Miércoles, 24 de marzo. 13:10 h
Buxtehude, Baja Sajonia
Fabel y Werner tardaron poco más de media hora para llegar en coche a Buxtehude. El cielo se había despejado y bañaba con una luz dura la pequeña ciudad, pero había un viento fuerte que golpeó y tironeó del impermeable de Fabel cuando se bajaron del coche y entraron en un pequeño restaurante de Westfleth, en el Altstadt de Buxtehude. La ciudad parecía un pequeño pueblo holandés que, de alguna manera, se había desplazado hacia el este hasta casi chocar con Hamburgo. El río Este se dividía en los afluentes Ostviver y el Westviver cuando atravesaba el centro de la ciudad, donde a su vez se subdividía en canales cruzados por media docena de puentes de estilo holandés. Incluso el edificio del restaurante parecía haberse encogido para caber entre sus vecinos, y Fabel supuso que llevaba dos siglos en ese lugar, con vista a los canales y puentes.
Cuando entraron en la ciudad, otra característica de Buxtehude le resultó familiar a Fabel: hasta los nombres de calles como Gebrüder-Grimm-Weg, Rotkäpchenweg y Dornröschenweg -calle de los Hermanos Grimm, calle de la Caperucita Roja y calle de la Bella Durmiente- parecían conspirar para recordarle las oscuras connotaciones que acechaban en las sombras de esta investigación. Cada vez que Fabel oía alguna mención a los hermanos Grimm imaginaba a Jakob como el carácter ficcionalizado del libro de Weiss, y la respetada e influyente figura histórica quedaba desplazada por el monstruo pedante de la ficción. Al parecer, las teorías de Weiss funcionaban.
Se sentaron junto a la ventana y contemplaron el canal Fleth Haven, bordeado de árboles y vallas blancas, y, más allá, el Ostfleth. Había un pequeño carguero fluvial del siglo XIX que había funcionado a vela y que ahora estaba anclado para su exhibición, con gallardetes multicolores que se agitaban y golpeaban en la fuerte brisa. Fabel echó un vistazo al menú y pidió una ensalada de atún y agua mineral. Werner, por el contrario, lo estudió minuciosamente antes de pedir una Schweineschnitzel y una jarra de café. Fabel pensó con una sonrisa que ese pequeño acto de meticulosidad ilustraba claramente las diferencias que había entre ambos. Como policías. Como personas. Como amigos.
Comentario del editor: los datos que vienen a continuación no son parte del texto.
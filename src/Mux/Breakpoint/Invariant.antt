-- ===== src/Mux/Breakpoint/Invariant.antt =====
-- Every operation of crates/protocol-mux/src/breakpoint_state.rs keeps ids and entries in step.
use dappy_core.Common.{
  if_keeps, match_keeps, ℕ, String, ◌≡◌, refl, inl, inr, false, not, Option, none, some, List, [],
  ◌∷◌, arith, eq_iff, ltb, Bool-cases, ◌==◌, nat_eq, string_eq, and_then, Option-cases, length,
  get_elem?,
}
use dappy_core.Common.HashMap
use dappy_core.Mux.Tracker.{
  is_negative, slot_of, BreakpointTracker, SourceBreakpointSpec, add_to, add_spec,
  rebuild_source_breakpoints,
}
use dappy_core.Mux.Breakpoint.{
  object_at, bp_source_path, change_spec, i64_at, observe_breakpoint_event,
  apply_removed_breakpoint, apply_new_breakpoint, apply_changed_breakpoint,
  observe_set_breakpoints_response,
}
use dappy_core.Mux.Breakpoint.Slots.{IsIndexed, at_slot, at_slot-insert}
use dappy_core.Mux.Breakpoint.Requests.{
  entries_at, write_spec-IsIndexed, push_none-IsIndexed, push_some-IsIndexed,
}
use dappy_core.Mux.Breakpoint.Removal.{remove_id-IsIndexed}
use dappy_core.Json.{Json}

pub add_spec-IsIndexed :
    (t : BreakpointTracker) (id : Option ℕ) (path : String) (spec : SourceBreakpointSpec)
    → IsIndexed t
    → IsIndexed (add_spec t id path spec)
unfolding add_spec
add_spec-IsIndexed t none path spec v = push_none-IsIndexed t path spec v
add_spec-IsIndexed t (some id) path spec v = elim (Option-cases (HashMap.get t.breakpoint_ids id)) [
  | inl fresh ↦ rw (fresh, add_to) (push_some-IsIndexed t path spec id v)
  | inr ((q, x), known) ↦ elim (Bool-cases (ltb x (length (entries_at t path)))) [
    | inl inside ↦ rw (known, add_to) (rw inside (write_spec-IsIndexed t path spec x v))
    | inr outside ↦ rw (known, add_to) (rw outside (push_some-IsIndexed t path spec id v))
  ]
]

at_slot-rebuild :
    (t : BreakpointTracker) (path : String) (specs : List SourceBreakpointSpec) (slot : String × ℕ)
    → (slot.0 == path) ≡ false
    → at_slot (rebuild_source_breakpoints t path specs).source_breakpoints slot
      ≡ at_slot t.source_breakpoints slot
unfolding rebuild_source_breakpoints
at_slot-rebuild t path [] (q, y) h =
    ground (arith, HashMap.get-remove t.source_breakpoints path q, eq_iff q path, eq_iff path q)
at_slot-rebuild t path (spec ∷ rest) (q, y) h = ground (
  arith,
  at_slot-insert t.source_breakpoints path (spec ∷ rest) (q, y),
  eq_iff q path,
  eq_iff path q,
)

ids-rebuild :
    (t : BreakpointTracker) (path : String) (specs : List SourceBreakpointSpec) (j : ℕ)
    (slot : String × ℕ)
    → HashMap.get (rebuild_source_breakpoints t path specs).breakpoint_ids j ≡ some slot
    → (HashMap.get t.breakpoint_ids j ≡ some slot) × ((slot.0 == path) ≡ false)
unfolding rebuild_source_breakpoints
ids-rebuild t path specs j slot h =
    ground (arith, HashMap.get-retain (λ id s. not (s.0 == path)) t.breakpoint_ids j)

pub rebuild-IsIndexed :
    (t : BreakpointTracker) (path : String) (specs : List SourceBreakpointSpec)
    → IsIndexed t
    → IsIndexed (rebuild_source_breakpoints t path specs)
rebuild-IsIndexed t path specs v = record {
  named = λ j slot h.
      let (there, apart) = ids-rebuild t path specs j slot h in
      rw (h, at_slot-rebuild t path specs slot apart) (ground (arith, v.named j slot there));
  distinct = λ i j slot h g.
      v.distinct i j slot (ids-rebuild t path specs i slot h).0
        (ids-rebuild t path specs j slot g).0;
}

slot_of-eq_some :
    (t : BreakpointTracker) (id : Option ℕ) (path : String) (x : ℕ)
    (entries : List SourceBreakpointSpec) (spec : SourceBreakpointSpec)
    → slot_of t id ≡ some (path, x, entries, spec)
    → (entries ≡ entries_at t path)
      × (get_elem? entries x ≡ some spec)
      × ((bp_id : ℕ) × (id ≡ some bp_id) × (HashMap.get t.breakpoint_ids bp_id ≡ some (path, x)))
unfolding slot_of
slot_of-eq_some t none path x entries spec h = cc
slot_of-eq_some t (some bp_id) path x entries spec h =
    (ground arith, ground arith, (bp_id, refl, ground arith))

module _ {V : Type 0} ⦃J : Json V⦄ where
  pub apply_new_breakpoint-IsIndexed :
      (t : BreakpointTracker) (bp : V) → IsIndexed t → IsIndexed (apply_new_breakpoint t bp)
  unfolding apply_new_breakpoint
  apply_new_breakpoint-IsIndexed t bp v = if_keeps IsIndexed (bp_source_path bp == "") _ _ v (
      match_keeps IsIndexed (i64_at bp "line") _ _ v
        λ line. if_keeps IsIndexed (is_negative line) _ _ v (add_spec-IsIndexed t _ _ _ v))

  pub apply_changed_breakpoint-IsIndexed :
      (t : BreakpointTracker) (bp : V) → IsIndexed t → IsIndexed (apply_changed_breakpoint t bp)
  apply_changed_breakpoint-IsIndexed t bp v = elim (Option-cases (slot_of t (i64_at bp "id"))) [
    | inl unknown ↦
        unfold apply_changed_breakpoint in
        rw (unknown, apply_changed_breakpoint) (apply_new_breakpoint-IsIndexed t bp v)
    | inr ((path, x, entries, spec), known) ↦
        let (e, _, _) = slot_of-eq_some t (i64_at bp "id") path x entries spec known in
        unfold apply_changed_breakpoint in
        rw (known, apply_changed_breakpoint)
          (rw e (write_spec-IsIndexed t path (change_spec bp spec) x v))
  ]

  pub apply_removed_breakpoint-IsIndexed :
      (t : BreakpointTracker) (bp : V) → IsIndexed t → IsIndexed (apply_removed_breakpoint t bp)
  unfolding apply_removed_breakpoint
  apply_removed_breakpoint-IsIndexed t bp v =
      match_keeps IsIndexed (i64_at bp "id") _ _ v (λ id. remove_id-IsIndexed t id v)

  -- A breakpoint event, of any reason and content, keeps every id naming an entry that is there and no two
  -- ids naming the same one.
  pub observe_breakpoint_event-IsIndexed :
      (t : BreakpointTracker) (message : V)
      → IsIndexed t
      → IsIndexed (observe_breakpoint_event t message)
  unfolding observe_breakpoint_event
  observe_breakpoint_event-IsIndexed t message v =
      match_keeps IsIndexed (and_then (object_at message "body") (λ b. J.get b "breakpoint")) _ _ v
        λ bp. if_keeps IsIndexed _ _ _ (apply_new_breakpoint-IsIndexed t bp v) (
          if_keeps IsIndexed _ _ _ (apply_changed_breakpoint-IsIndexed t bp v)
            (if_keeps IsIndexed _ _ _ (apply_removed_breakpoint-IsIndexed t bp v) v))

  pub observe_set_breakpoints_response-IsIndexed :
      (t : BreakpointTracker) (message : V)
      → IsIndexed t
      → IsIndexed (observe_set_breakpoints_response t message)
  unfolding observe_set_breakpoints_response
  observe_set_breakpoints_response-IsIndexed t message v = if_keeps IsIndexed _ _ _ v (
      match_keeps IsIndexed _ _ _ v
        λ pending. rebuild-IsIndexed _ _ _ (record { named = v.named; distinct = v.distinct }))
– Estoy leyendo un libro -le dijo Fabel a Werner sin apartar la mirada de la ventana, observando cómo el viento agitaba al viejo velero, igual que en los tiempos en que había formado parte de la flota Ewer, transportando té, harina y madera por las vías fluviales del norte de Alemania-. De un tal Gerhard Weiss. Se llama Die Märchenstrasse. Trata de Jakob Grimm, bueno, en realidad no, sino sobre asesinatos basados en los cuentos de hadas de Grimm.
– Mierda. ¿Hay alguna conexión con nuestro caso?
Fabel se apartó de la ventana.
– No lo sé. Pero es demasiado sugestivo como para que se trate de una coincidencia, ¿verdad?
– Pienso lo mismo. -Werner dejó la taza de café sobre la mesa y frunció el ceño-. ¿Por qué no lo mencionaste antes?
– No empecé a leerlo hasta anoche. Y me enteré de la existencia del libro sólo por casualidad, como algo apenas relacionado con todo esto. Pero ahora que he empezado a leerlo…
La expresión de Werner daba a entender que Fabel había soltado una pelota fácil.
– Hay que investigarlo, si quieres mi opinión. Por lo que sabemos, nuestro asesino podría estar basándose en ese libro en lugar de los cuentos de hadas de los hermanos Grimm, las Sagas alemanas y todas las otras compilaciones de los Grimm.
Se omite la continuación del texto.